Before finalizing optimization:

- [ ] SKILL.md frontmatter description is under 500 characters
- [ ] Quick Start section provides enough info for basic use
- [ ] All modules are listed in frontmatter `modules:` array
- [ ] `estimated_tokens` in frontmatter reflects actual measured value
- [ ] `progressive_loading: true` is set when modules exist
- [ ] No functionality lost - advanced content accessible via modules
- [ ] Token reduction target met (50%+ for large skills)

## Resources

- [Modular Skills](../modular-skills/SKILL.md) - Architecture patterns for skill decomposition
- **ADR 0004: Skill Description Budget** - The 2% budget rule scales with context window size (200k → ~16k chars, 1M → ~80k chars). Budget is split across all loaded skills. `SLASH_COMMAND_TOOL_CHAR_BUDGET` env var overrides the default.
- **Context Optimization** (`Skill(conserve:context-optimization)`) - MECW principles: measure context before acting, target 50% utilization, use progressive loading for large skills, prefer native tools over bash equivalents

Overview

This skill optimizes Claude Code plugin performance by minimizing token footprint and delivering content progressively.
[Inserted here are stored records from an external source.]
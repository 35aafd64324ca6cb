-- ===== src/Policy/DefaultDecisions.antt =====
-- What the default policies allow.
use Prim.Native.Nat.{Ordering}
use db_cluster.Prelude.{
  String, Bool, true, false, List, ◌∷◌, ◌≡◌, ◌↔◌, inl, inr, refl, sym, subst, ap, ◌∙◌, arith,
  includes, has,
}
use db_cluster.Policy.{
  Capability, capability_eq, commit_command, approve_command, compensate_command, allow, Policy,
  Request, PolicyDecision, PolicyEngineOptions, match_policy, match_principals, match_capabilities,
  match_trust_zones, match_stores, match_kinds, match_uri_patterns, match_command_verbs,
  derive_owner_store, evaluate_policy, unless_open,
}
use db_cluster.Policy.Defaults.{
  default_policies, admin_full_access, observer_read, proposer_propose,
}
use db_cluster.Policy.Order.{no_later}
use db_cluster.Policy.Decisions.{
  In, DecidedBy, effect_of, evaluate_policy-allow, evaluate_policy-DecidedBy,
  derive_owner_store-keep,
}

-- the principal's id and roles
abbrev pub identifiers : Request → List String
identifiers r = r.principal.id ∷ r.principal.roles

-- the capability test of a policy
abbrev match_cap : Policy → Capability → Bool
match_cap p c = unless_open p.match.capabilities (λ cs. has cs c)

-- the capabilities that write truth or open the way to it
abbrev pub gated : Capability → Bool
gated commit_command = true
gated approve_command = true
gated compensate_command = true
gated _ = false

not_read : (c : Capability) → gated c ≡ true → match_cap observer_read c ≡ false
not_read commit_command h = refl
not_read approve_command h = refl
not_read compensate_command h = refl
not_read _ h = cc

not_propose : (c : Capability) → gated c ≡ true → match_cap proposer_propose c ≡ false
not_propose commit_command h = refl
not_propose approve_command h = refl
not_propose compensate_command h = refl
not_propose _ h = cc

admin-match_policy :
    (r : Request) → match_policy r admin_full_access ≡ includes (identifiers r) "cluster-admin"
unfolding match_policy match_principals match_capabilities match_trust_zones match_stores
    match_kinds match_uri_patterns match_command_verbs
admin-match_policy r = ground arith

-- a policy that wants capabilities matches only those
match_policy-cap :
    (r : Request) (p : Policy) → match_cap p r.capability ≡ false → match_policy r p ≡ false
unfolding match_policy match_capabilities
match_policy-cap r p h = rw h (ground arith)

-- no default policy but the admin's lets a gated capability through
gated_needs_admin :
    (r : Request) (p : Policy)
    → In p default_policies
    → match_policy r p ≡ true
    → p.decision ≡ allow
    → gated r.capability ≡ true
    → includes (identifiers r) "cluster-admin" ≡ true
gated_needs_admin r p (inl e) m a g = sym (admin-match_policy r) ∙ (rw e at m)
gated_needs_admin r p (inr (inl e)) m a g =
    cc (match_policy-cap r observer_read (not_read r.capability g))
gated_needs_admin r p (inr (inr (inl e))) m a g =
    cc (match_policy-cap r proposer_propose (not_propose r.capability g))
gated_needs_admin r p (inr (inr (inr (inl e)))) m a g = absurd (cc (rw e at a))
gated_needs_admin r p (inr (inr (inr (inr n)))) m a g = absurd n

-- only the admin policy has precedence over the admin policy
precedes_admin :
    (p : Policy) → In p default_policies → no_later p admin_full_access ≡ true → p.decision ≡ allow
precedes_admin p (inl e) h = rw e refl
precedes_admin p (inr (inl e)) h = absurd (cc (rw e at h))
precedes_admin p (inr (inr (inl e))) h = absurd (cc (rw e at h))
precedes_admin p (inr (inr (inr (inl e)))) h = absurd (cc (rw e at h))
precedes_admin p (inr (inr (inr (inr n)))) h = absurd n

admin_decides :
    (r : Request) (d : PolicyDecision)
    → DecidedBy r default_policies d
    → includes (identifiers r) "cluster-admin" ≡ true
    → d.decision ≡ allow
admin_decides r d (inr ((no_admin, _), e)) h = absurd (cc (admin-match_policy r))
admin_decides r d (inl (p, g, e)) h =
    effect_of r p d e ∙ precedes_admin p g.member (g.precedes.0 (admin-match_policy r ∙ h))

-- Under the default policies a commit, an approval or a compensation is allowed exactly for who is
-- `cluster-admin`, by id or by a role, whatever else the request and the trust zones say.
pub gated_iff_admin :
    (locale : String → String → Ordering) (request : Request) (options : PolicyEngineOptions)
    → options.policies ≡ default_policies
    → gated request.capability ≡ true
    → ((evaluate_policy locale request options).decision ≡ allow)
      ↔ (includes (identifiers request) "cluster-admin" ≡ true)
gated_iff_admin locale request options defaults g =
    let r = derive_owner_store request in
    let same = derive_owner_store-keep request in
    let ids = ap (λ (x : Request). includes (identifiers x) "cluster-admin") same in
    (
      λ a.
          let (p, member, matches, permits, named, ahead) =
            evaluate_policy-allow locale request options a in
          sym ids
          ∙ gated_needs_admin r p (subst (In p) defaults member) matches permits
              (ap (λ (x : Request). gated x.capability) same ∙ g),
      λ h.
          admin_decides r (evaluate_policy locale request options)
            (subst (λ ps. DecidedBy r ps (evaluate_policy locale request options)) defaults
              (evaluate_policy-DecidedBy locale request options))
            (ids ∙ h),
    )
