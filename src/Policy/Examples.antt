-- ===== src/Policy/Examples.antt =====
-- Requests under the default policies.
use Prim.Native.Nat.{Ordering}
use Prim.Native.String
use db_cluster.Prelude.{String, true, Option, none, some, [], ◌∷◌, ◌≡◌, ◌↔◌, inl, refl, includes}
use db_cluster.Uri.{parse_cluster_uri, match_uri, is_cluster_uri}
use db_cluster.Json.{is_blank}
use db_cluster.Policy.{
  Capability, capability_eq, commit_command, read_owner_truth, allow, Principal, Policy, Request,
  PolicyEngineOptions, match_policy, match_principals, match_trust_zones, match_capabilities,
  match_stores, match_kinds, match_uri_patterns, match_command_verbs, sort_policies_by_priority,
  evaluate_policy, derive_owner_store, apply_trust_zone_restrictions,
}
use db_cluster.Policy.Defaults.{default_policies, default_trust_zones, default_visibility_rules}
use db_cluster.Policy.Decisions.{
  In, Outranks, DecidedBy, evaluate_policy-DecidedBy, evaluate_policy-allow,
}
use db_cluster.Policy.Underspecified.{LessSpecific, evaluate_policy-LessSpecific}
use db_cluster.Policy.DefaultDecisions.{identifiers, gated_iff_admin}

-- `localeCompare` by code points, for ids in ASCII
abbrev by_code : String → String → Ordering
by_code = String.compare

abbrev principal_of : String → Principal
principal_of role = record {
  id = "user-1";
  name = "User";
  roles = role ∷ [];
  trust_zone = "ai-facing";
  metadata = none;
}

abbrev request_of : String → Capability → Option String → Request
request_of role capability uri = record {
  principal = principal_of role;
  capability = capability;
  resource_uri = uri;
  owner_store = none;
  entity_kind = none;
  command_verb = none;
  trust_zone = none;
}

abbrev options : PolicyEngineOptions
options = record {
  policies = default_policies;
  trust_zones = some default_trust_zones;
  visibility_rules = some default_visibility_rules;
}

abbrev admin_commit : Request
admin_commit = request_of "cluster-admin" commit_command none

abbrev vague : Request
vague = request_of "observer" read_owner_truth none

abbrev precise : Request
precise = record vague { owner_store = some "canonical"; entity_kind = some "Person" }

commits : (evaluate_policy by_code admin_commit options).decision ≡ allow
unfolding evaluate_policy sort_policies_by_priority derive_owner_store match_policy match_principals
    match_trust_zones match_capabilities match_stores match_kinds match_uri_patterns
    match_command_verbs apply_trust_zone_restrictions
commits = refl

reads : (evaluate_policy by_code vague options).decision ≡ allow
unfolding evaluate_policy sort_policies_by_priority derive_owner_store match_policy match_principals
    match_trust_zones match_capabilities match_stores match_kinds match_uri_patterns
    match_command_verbs apply_trust_zone_restrictions
reads = refl

-- a store is read off the URI of the resource
derives :
    (derive_owner_store
      (request_of "observer" read_owner_truth (some "cluster://ledger/e1"))).owner_store
    ≡ some "ledger"
unfolding derive_owner_store is_cluster_uri parse_cluster_uri match_uri is_blank
derives = refl

says_less : LessSpecific (derive_owner_store vague) (derive_owner_store precise)
unfolding derive_owner_store
says_less = record {
  principal = refl;
  capability = refl;
  trust_zone = refl;
  owner_store = inl refl;
  entity_kind = inl refl;
  resource_uri = inl refl;
  command_verb = inl refl;
}

evaluate_policy-DecidedBy_example :
    DecidedBy (derive_owner_store vague) default_policies (evaluate_policy by_code vague options)
evaluate_policy-DecidedBy_example = evaluate_policy-DecidedBy by_code vague options

evaluate_policy-allow_example :
    (p : Policy) × In p default_policies
    × (match_policy (derive_owner_store admin_commit) p ≡ true)
    × (p.decision ≡ allow)
    × ((evaluate_policy by_code admin_commit options).matched_policy_id ≡ p.id)
    × Outranks (derive_owner_store admin_commit) p default_policies
evaluate_policy-allow_example = evaluate_policy-allow by_code admin_commit options commits

evaluate_policy-LessSpecific_example : (evaluate_policy by_code precise options).decision ≡ allow
evaluate_policy-LessSpecific_example =
    evaluate_policy-LessSpecific by_code vague precise options says_less reads

gated_iff_admin_example :
    ((evaluate_policy by_code admin_commit options).decision ≡ allow)
    ↔ (includes (identifiers admin_commit) "cluster-admin" ≡ true)
gated_iff_admin_example = gated_iff_admin by_code admin_commit options refl refl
It applies token budgeting, progressive loading, and context-aware content delivery so plugins stay responsive in large-context environments. The result is lower context cost without losing functionality.

How this skill works

The skill inspects a skill descriptor to estimate token cost and enforces per-skill token budgets. It keeps essential content in a compact base file and moves detailed guidance into on-demand modules that load only when required. The system monitors estimated tokens, flags oversize content, and validates reductions after restructuring.

When to use it

Designing or refactoring skills that exceed ~800 tokens
Auditing token consumption across multiple skills
Reducing context footprint for multi-skill workflows
Implementing progressive or lazy loading for complex skills
Enforcing per-skill token budgets in large-context deployments

Best practices

Keep the base descriptor lean: frontmatter, overview, and a short quick start (target 300–500 tokens).
Enable progressive loading and list modules in frontmatter so deep content loads only on demand.
Measure tokens before and after changes; aim for a 50%+ reduction for large skills.
Move examples, edge cases, and advanced patterns into modules or separate files.
Use concise rules and tables instead of long prose; remove duplicated content and verbose explanations.

Example use cases

Refactor a multifunctional plugin into a compact base plus modular advanced guides.
Audit an ecosystem of skills and rebalance per-skill budgets to fit a 200k or 1M token context window.
Implement conditional loading where advanced examples fetch only when user asks for them.
Convert verbose onboarding docs into a short quick start and separate step-by-step modules.
Validate a skill’s token estimate automatically during CI to prevent regressions.

FAQ

What token targets should I aim for per skill?

Target 300–500 tokens for standard skills; use progressive loading when content approaches 800+ tokens.

How do I verify reductions after refactoring?

Re-measure estimated tokens with the provided validator and confirm the descriptor reflects the new estimate and modules are listed in frontmatter.